Remember that the family spends years with the child and has an important and valuable set of insights about who the child is, the long-term history, and a lot of love invested.
Remember that the child has insights, feelings, beliefs about self.
Remember that the classroom teachers, over the years, insightful, uninvolved, professional, lacking, or fully committed to the child – have history with the child and can provide clues. There will be things they tried that worked, knowledge of the child’s interactions, thoughts about what was successful and what was disastrous. As you can, remember to go back and mine some of those pieces…… and include the school nurse and secretary in your digging and sorting.

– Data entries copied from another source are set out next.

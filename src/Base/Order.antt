-- ===== src/Base/Order.antt =====
-- The order of texts.
use mathlib.Core.Path.{◌≡◌, refl}
use mathlib.Core.List.{[], ◌∷◌}
use native.Mathlib.Omega.{arith}
use mathlib.Core.Bool.{true, false}
use file_web_server.Base.Text.{Bytes, less}

pub less_asym : (a b : Bytes) → less a b ≡ true → less b a ≡ false
unfolding less
less_asym a [] h = absurd (ground arith)
less_asym [] (y ∷ b) h = refl
less_asym (x ∷ a) (y ∷ b) h = let later = less_asym a b in ground arith

pub less_cotrans : (a b c : Bytes) → less a b ≡ false → less b c ≡ false → less a c ≡ false
unfolding less
less_cotrans a b [] h k = refl
less_cotrans [] [] (z ∷ c) h k = absurd (ground arith)
less_cotrans [] (y ∷ b) (z ∷ c) h k = absurd (ground arith)
less_cotrans (x ∷ a) [] (z ∷ c) h k = absurd (ground arith)
less_cotrans (x ∷ a) (y ∷ b) (z ∷ c) h k = let later = less_cotrans a b c in ground arith

pub less_irrefl : (a : Bytes) → less a a ≡ false
unfolding less
less_irrefl [] = refl
less_irrefl (x ∷ a) = let later = less_irrefl a in ground arith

SO - - - - - - send the snapshot and we will both know it is just that ----- a momentary look, and all too brief and distorted, but a first look at who a child, why a child, what a child . . . . . . and we will add that to our compassion and concern as we develop a successful way of helping the child move forward personally, emotionally, socially and educationally.
DSM-IV: Multi-Axial Diagnosis
The Axes
Axis I: Clinical Syndromes (Mental Diseases or Conditions)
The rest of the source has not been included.